**REQUIRED WORK**
All that should come back is the lines of the data below from the one containing "process_profile-Due group ids" to the one containing "(process_profile settings env g w)", inclusive, exactly as they stand.
________________
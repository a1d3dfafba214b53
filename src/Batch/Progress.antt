-- ===== src/Batch/Progress.antt =====
-- What a run does to each review: a claimed one comes a step further, and every other one stays.
use dost_review_api.Prelude.{
  ℕ, ◌+◌, ◌<◌, ◌==◌, ◌≡◌, refl, ◌∙◌, ◌⊎◌, Bool, true, false, ◌||◌, some, List, [], ◌∷◌, ◌++◌, arith,
  ltb, All, Bool-cases, inl, inr,
}
use dost_review_api.Models.{Uuid}
use dost_review_api.Review.{Row, gated, committed, failed, find}
use dost_review_api.Batch.Database.{elem, Reply, engine_error, output, Output}
use dost_review_api.Batch.Claim.{Group}
use dost_review_api.Batch.Engine.{
  Settings, Env, Attempt, in_try, in_except, Work, Ended, finished, raised, fail_row, dead_letter,
  requeue_row, handle_failed, ids_of, mark_committed, commit_profile, will_retry_of, after_reply,
  engine_input, try_profile, recover, process_profile, and_then, run_profiles,
}
use dost_review_api.Batch.Failures.{failed_once, find-fail_row}
use dost_review_api.Batch.Results.{find-commit}
use dost_review_api.Batch.Held.{group_ids}
use dost_review_api.Batch.Updates.{elem-append}

-- A review that had failed `n` times has been COMMITTED, or is FAILED, or waits with one failure more,
-- still below the limit.
abbrev pub Advanced : Settings → ℕ → Row → Type 0
Advanced settings n r =
    (r.status ≡ committed)
    ⊎ ((r.status ≡ failed)
        ⊎ ((r.status ≡ gated) × (r.retry_count ≡ n + 1) × (n + 1 < settings.max_review_retries)))

-- What holds of the rows of each group.
abbrev pub AllGroups : (List Row → Type 0) → List Group → Type 0
AllGroups P [] = Unit
AllGroups P (g ∷ groups) = P g.1 × AllGroups P groups

commit-raised :
    (env : Env) (group : Group) (o : Output) (w : Work)
    → (env.commit_fails group.0 || ltb 50 o.reputation_score) ≡ true
    → commit_profile env group o w ≡ (raised, w)
unfolding commit_profile
commit-raised env group o w e = rw e refl

commit-finished :
    (env : Env) (group : Group) (o : Output) (w : Work)
    → (env.commit_fails group.0 || ltb 50 o.reputation_score) ≡ false
    → (commit_profile env group o w).0 ≡ finished
unfolding commit_profile
commit-finished env group o w e = rw e refl

module _ (settings : Settings) (env : Env) (k : Uuid) (n : ℕ) where
  abbrev pub AdvancedAt : Work → Type 0
  AdvancedAt w = (s : Row) × (find k w.db.reviews ≡ some s) × Advanced settings n s

  -- The review is advanced, or it is stored and on the list.
  abbrev pub Due : List Uuid → Work → Type 0
  Due ids w = AdvancedAt w ⊎ ((elem k ids ≡ true) × ((s : Row) × (find k w.db.reviews ≡ some s)))

  -- Every claimed row of the id has failed `n` times.
  abbrev pub IsCounted : List Row → Type 0
  IsCounted = All (λ r. (r.id == k) ≡ true → r.retry_count ≡ n)

  failed_once-Advanced :
      (will_retry : Bool) (row s : Row)
      → row.retry_count ≡ n
      → Advanced settings n (failed_once settings env.now will_retry row s)
  unfolding dead_letter requeue_row
  failed_once-Advanced will_retry row s e = ground arith

  still_stored :
      (ids : List Uuid) (w : Work) → Due ids w → (s : Row) × (find k w.db.reviews ≡ some s)
  still_stored ids w (inl (s, at, advanced)) = (s, at)
  still_stored ids w (inr (m, (s, at))) = (s, at)

  Due-same :
      (ids ids' : List Uuid) (w w' : Work)
      → find k w'.db.reviews ≡ find k w.db.reviews
      → (elem k ids ≡ true → elem k ids' ≡ true)
      → Due ids w
      → Due ids' w'
  Due-same ids ids' w w' e le (inl (s, at, advanced)) = inl (s, e ∙ at, advanced)
  Due-same ids ids' w w' e le (inr (m, (s, at))) = inr (le m, (s, e ∙ at))

  fail_row-Due :
      (will_retry : Bool) (row : Row) (ids : List Uuid) (w : Work)
      → ((row.id == k) ≡ true → row.retry_count ≡ n)
      → Due (row.id ∷ ids) w
      → Due ids (fail_row settings env.now will_retry row w)
  unfolding elem
  fail_row-Due will_retry row ids w counted due = elim (Bool-cases (row.id == k)) [
    | inl same ↦
        let (s, at) = still_stored (row.id ∷ ids) w due in
        inl (
          failed_once settings env.now will_retry row s,
          rw (find-fail_row settings env will_retry row k w, same, at) refl,
          failed_once-Advanced will_retry row s (counted same),
        )
    | inr other ↦
        let e : find k (fail_row settings env.now will_retry row w).db.reviews
            ≡ find k w.db.reviews =
          rw (find-fail_row settings env will_retry row k w, other) refl in
        Due-same (row.id ∷ ids) ids w (fail_row settings env.now will_retry row w) e
          (λ m. ground (arith, m, other)) due
  ]

  handle_failed-Due :
      (attempt : Attempt) (will_retry : Bool) (rows : List Row) (ids : List Uuid) (w : Work)
      → ((j : Uuid) → env.update_fails attempt j ≡ false)
      → IsCounted rows
      → Due (ids_of rows ++ ids) w
      → Due ids (handle_failed settings env attempt will_retry rows w).1
  unfolding handle_failed
  handle_failed-Due attempt will_retry [] ids w steady counted due = due
  handle_failed-Due attempt will_retry (row ∷ rows) ids w steady counted due = rw (steady row.id) (
      handle_failed-Due attempt will_retry rows ids (fail_row settings env.now will_retry row w)
        steady counted.1 (fail_row-Due will_retry row (ids_of rows ++ ids) w counted.0 due))

  commit-Due :
      (group : Group) (o : Output) (ids : List Uuid) (w : Work)
      → (env.commit_fails group.0 || ltb 50 o.reputation_score) ≡ false
      → Due (ids_of group.1 ++ ids) w
      → Due ids (commit_profile env group o w).1
  unfolding commit_profile
  commit-Due group o ids w goes_on due = elim (Bool-cases (elem k (ids_of group.1))) [
    | inl met ↦
        let (s, at) = still_stored (ids_of group.1 ++ ids) w due in
        inl (
          mark_committed env.now s,
          rw (goes_on, find-commit env.now (ids_of group.1) k w.db.reviews, met, at) refl,
          unfold mark_committed in inl refl,
        )
    | inr other ↦
        Due-same (ids_of group.1 ++ ids) ids w (commit_profile env group o w).1
          (rw (goes_on, find-commit env.now (ids_of group.1) k w.db.reviews, other) refl)
          (λ m. ground (arith, m, other, elem-append k (ids_of group.1) ids)) due
  ]

  abbrev Steady : Type 0
  Steady = (attempt : Attempt) (j : Uuid) → env.update_fails attempt j ≡ false

  recover-raised :
      (group : Group) (ids : List Uuid) (w : Work)
      → Steady
      → IsCounted group.1
      → Due (ids_of group.1 ++ ids) w
      → Due ids (recover settings env group (raised, w)).1
  unfolding recover
  recover-raised group ids w steady counted =
      handle_failed-Due in_except true group.1 ids w (steady in_except) counted

  recover-finished :
      (group : Group) (r : Ended × Work) → r.0 ≡ finished → recover settings env group r ≡ r
  unfolding recover
  recover-finished group (finished, w) e = refl
  recover-finished group (raised, w) e = cc

  handle_failed-finished :
      (attempt : Attempt) (will_retry : Bool) (rows : List Row) (w : Work)
      → Steady
      → (handle_failed settings env attempt will_retry rows w).0 ≡ finished
  unfolding handle_failed
  handle_failed-finished attempt will_retry [] w steady = refl
  handle_failed-finished attempt will_retry (row ∷ rows) w steady = rw (steady attempt row.id) (
      handle_failed-finished attempt will_retry rows (fail_row settings env.now will_retry row w)
        steady)

  reply-Due :
      (group : Group) (reply : Reply) (ids : List Uuid) (w : Work)
      → Steady
      → IsCounted group.1
      → Due (ids_of group.1 ++ ids) w
      → Due ids (recover settings env group (after_reply settings env group reply w)).1
  unfolding after_reply
  reply-Due group Reply.raises ids w steady counted due =
      recover-raised group ids w steady counted due
  reply-Due group (engine_error wr) ids w steady counted due =
      rw
        (recover-finished group (handle_failed settings env in_try (will_retry_of wr) group.1 w)
          (handle_failed-finished in_try (will_retry_of wr) group.1 w steady))
        (handle_failed-Due in_try (will_retry_of wr) group.1 ids w (steady in_try) counted due)
  reply-Due group (output o) ids w steady counted due =
      elim (Bool-cases (env.commit_fails group.0 || ltb 50 o.reputation_score)) [
        | inl stops ↦
            rw (commit-raised env group o w stops) (recover-raised group ids w steady counted due)
        | inr goes_on ↦
            rw
              (recover-finished group (commit_profile env group o w)
                (commit-finished env group o w goes_on))
              (commit-Due group o ids w goes_on due)
      ]

  process_profile-Due :
      (group : Group) (ids : List Uuid) (w : Work)
      → Steady
      → IsCounted group.1
      → Due (ids_of group.1 ++ ids) w
      → Due ids (process_profile settings env group w).1
  unfolding process_profile try_profile
  process_profile-Due group ids w steady counted due = elim (Bool-cases (env.load_fails group.0)) [
    | inl stops ↦ rw stops (recover-raised group ids w steady counted due)
    | inr goes_on ↦ rw goes_on (
        reply-Due group (env.process_reputation (engine_input group.0 group.1 w.db.reputations)) ids
          w steady counted due)
  ]

  and_then-Due :
      (ids : List Uuid) (next : Work → Ended × Work) (r : Ended × Work)
      → ((w : Work) → Due ids w → (next w).0 ≡ finished → AdvancedAt (next w).1)
      → Due ids r.1
      → (and_then next r).0 ≡ finished
      → AdvancedAt (and_then next r).1
  unfolding and_then
  and_then-Due ids next (finished, w) step due e = step w due e
  and_then-Due ids next (raised, w) step due e = cc

  -- The groups that are still to come hold the review, or it is advanced already.
  pub run_profiles-Advanced :
      (groups : List Group) (w : Work)
      → Steady
      → AllGroups IsCounted groups
      → Due (group_ids groups) w
      → (run_profiles settings env groups w).0 ≡ finished
      → AdvancedAt (run_profiles settings env groups w).1
  unfolding run_profiles
  run_profiles-Advanced [] w steady counted due e = unfold elem in ground (arith, due)
  run_profiles-Advanced (g ∷ groups) w steady counted due e =
      and_then-Due (group_ids groups) (run_profiles settings env groups)
        (process_profile settings env g w)
        (λ w' due' e. run_profiles-Advanced groups w' steady counted.1 due' e)
        (process_profile-Due g (group_ids groups) w steady counted.0 due) e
________________
**EXPECTED ANSWER**
  process_profile-Due group ids w steady counted due = elim (Bool-cases (env.load_fails group.0)) [
    | inl stops ↦ rw stops (recover-raised group ids w steady counted due)
    | inr goes_on ↦ rw goes_on (
        reply-Due group (env.process_reputation (engine_input group.0 group.1 w.db.reputations)) ids
          w steady counted due)
  ]

  and_then-Due :
      (ids : List Uuid) (next : Work → Ended × Work) (r : Ended × Work)
      → ((w : Work) → Due ids w → (next w).0 ≡ finished → AdvancedAt (next w).1)
      → Due ids r.1
      → (and_then next r).0 ≡ finished
      → AdvancedAt (and_then next r).1
  unfolding and_then
  and_then-Due ids next (finished, w) step due e = step w due e
  and_then-Due ids next (raised, w) step due e = cc

  -- The groups that are still to come hold the review, or it is advanced already.
  pub run_profiles-Advanced :
      (groups : List Group) (w : Work)
      → Steady
      → AllGroups IsCounted groups
      → Due (group_ids groups) w
      → (run_profiles settings env groups w).0 ≡ finished
      → AdvancedAt (run_profiles settings env groups w).1
  unfolding run_profiles
  run_profiles-Advanced [] w steady counted due e = unfold elem in ground (arith, due)
  run_profiles-Advanced (g ∷ groups) w steady counted due e =
      and_then-Due (group_ids groups) (run_profiles settings env groups)
        (process_profile settings env g w)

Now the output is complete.